Borderline Personality Disorder: Individuals with borderline personality disorder (BPD) have difficulties regulating emotion. They experience feelings intensely and for long periods of time, finding it difficult to return to a stable baseline after a triggering event. Those who have experience traumatic life events, such as sexual abuse during childhood or neglect, face an increased risk of developing BPD.
Anorexia Nervosa: Defined as an eating disorder, Anorexia Nervosa is identified by abnormally low body weight, an intense fear of gaining weight, and a distorted perception of weight. To prevent weight gain or drive weight loss, individuals suffering from this disorder may binge food and later self-induce vomiting or severely restrict their food intake.
Suicide attempts are elevated among sexual minorities, especially LGBTQ+ youth, often due to social and familial rejection, isolation, or aggression towards them.

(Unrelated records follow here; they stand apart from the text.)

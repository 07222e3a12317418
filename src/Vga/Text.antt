-- ===== src/Vga/Text.antt =====
-- src/vga_buffer.rs: the writer of the 80 by 25 text screen. The buffer is a function from row and
-- column to the character there. The loops run over exactly the rows and columns of the array, so
-- only the accesses at `column_position` are checked.
pub mod Loops
pub mod Writing
use Prim.Native.Nat.{bit_or}
use molt_os.Prelude.{
  ℕ, zero, suc, ◌+◌, ◌-◌, ◌*◌, ◌%◌, Bool, true, false, ◌&&◌, ◌||◌, List, [], ◌∷◌, ◌==◌, ltb, leb,
  if◌then◌else◌, Checked, ok, panic, ◌>>=◌,
}

abbrev pub buffer_height : ℕ
buffer_height = 25

abbrev pub buffer_width : ℕ
buffer_width = 80

-- `Color`, with its discriminant.
pub data Color : Type 0 where
  black blue green cyan red magenta brown light_gray dark_gray light_blue light_green : Color
  light_cyan light_red pink yellow white : Color

unfoldable pub code : Color → ℕ
code black = 0
code blue = 1
code green = 2
code cyan = 3
code red = 4
code magenta = 5
code brown = 6
code light_gray = 7
code dark_gray = 8
code light_blue = 9
code light_green = 10
code light_cyan = 11
code light_red = 12
code pink = 13
code yellow = 14
code white = 15

-- `ColorCode::new`: `(bg as u8) << 4 | (fg as u8)`.
unfoldable pub color_code : Color → Color → ℕ
color_code fg bg = bit_or (code bg * 16 % 256) (code fg)

pub record ScreenChar : Type 0 where
  pub ascii_character : ℕ
  pub color : ℕ

abbrev pub Buffer : Type 0
Buffer = ℕ → ℕ → ScreenChar

pub record Writer : Type 0 where
  pub column_position : ℕ
  pub color : ℕ
  pub buffer : Buffer

-- `chars[row][col].write(ch)`.
abbrev pub put : Buffer → ℕ → ℕ → ScreenChar → Buffer
put b row col ch = λ r c. if r == row && c == col then ch else b r c

-- The same at a column that is checked.
abbrev pub put_checked : Buffer → ℕ → ℕ → ScreenChar → Checked Buffer
put_checked b row col ch = if ltb col buffer_width then ok (put b row col ch) else panic

abbrev pub blank : Writer → ScreenChar
blank w = record { ascii_character = b' '; color = w.color }

-- `for col in col..col + n { buffer.chars[row][col].write(ch); }`.
unfoldable pub fill_cols : ℕ → ℕ → ℕ → ScreenChar → Buffer → Buffer
fill_cols zero col row ch b = b
fill_cols (suc n) col row ch b = fill_cols n (col + 1) row ch (put b row col ch)

unfoldable pub clear_row : ℕ → Writer → Writer
clear_row row w = record w { buffer = fill_cols buffer_width 0 row (blank w) w.buffer }

-- The inner loop of `new_line`, over `n` columns from `col` on.
unfoldable pub copy_cols : ℕ → ℕ → ℕ → Buffer → Buffer
copy_cols zero col row b = b
copy_cols (suc n) col row b = copy_cols n (col + 1) row (put b (row - 1) col (b row col))

-- The outer loop, over `n` rows from `row` on.
unfoldable pub copy_rows : ℕ → ℕ → Buffer → Buffer
copy_rows zero row b = b
copy_rows (suc n) row b = copy_rows n (row + 1) (copy_cols buffer_width 0 row b)

unfoldable pub new_line : Writer → Writer
new_line w =
    let scrolled : Writer = record w { buffer = copy_rows (buffer_height - 1) 1 w.buffer } in
    record (clear_row (buffer_height - 1) scrolled) { column_position = 0 }

-- `for row in row..row + n { self.clear_row(row); }`.
unfoldable pub clear_rows : ℕ → ℕ → Writer → Writer
clear_rows zero row w = w
clear_rows (suc n) row w = clear_rows n (row + 1) (clear_row row w)

unfoldable pub clear_screen : Writer → Writer
clear_screen w = record (clear_rows buffer_height 0 w) { column_position = 0 }

unfoldable pub backspace : Writer → Checked Writer
backspace w =
    if ltb 0 w.column_position
    then (do
      let col = w.column_position - 1
      b ← put_checked w.buffer (buffer_height - 1) col (blank w)
      ok (record w { column_position = col; buffer = b }))
    else ok w

-- The end of `write_byte` on an ordinary byte: at `column_position` of the last row.
unfoldable pub place : ℕ → Writer → Checked Writer
place byte w = do
  b ←
      put_checked w.buffer (buffer_height - 1) w.column_position
        (record { ascii_character = byte; color = w.color })
  ok (record w { column_position = w.column_position + 1; buffer = b })

abbrev pub wrap : Writer → Writer
wrap w = if leb buffer_width w.column_position then new_line w else w

unfoldable pub write_byte : Writer → ℕ → Checked Writer
write_byte w byte =
    if byte == 10 then ok (new_line w) else if byte == 8 then backspace w else place byte (wrap w)

-- What `write_string` hands on of a byte.
abbrev pub shown : ℕ → ℕ
shown byte = if (leb 0x20 byte && leb byte 0x7e) || (byte == 10 || byte == 8) then byte else 0xfe

unfoldable pub write_string : Writer → List ℕ → Checked Writer
write_string w [] = ok w
write_string w (x ∷ xs) = write_byte w (shown x) >>= λ w'. write_string w' xs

Environmental factors may drive them towards depression, hopelessness, homelessness, and more—which can increase suicidal ideation.
Unemployment and changes in income are major factors influencing suicide rates. People in difficult economic circumstances, with unpayable debt piling, also may develop suicidal thoughts and behaviors.
Among those with aged 25 years and below with depression, medication including antidepressants may increase the risk of suicide.
Passing through a painful or traumatic experience, such as the death or suicide of a loved one, or living under war, could lead to the developing of suicidal thoughts. Additionally, people who recently left prison or are imprisoned may suffer from suicidal ideation.
Long-term alcohol or drug addicts may enter a period of depression and begin to contemplate suicide, especially if they are incapable of securing the sufficient funds to purchase the products they are addicted to.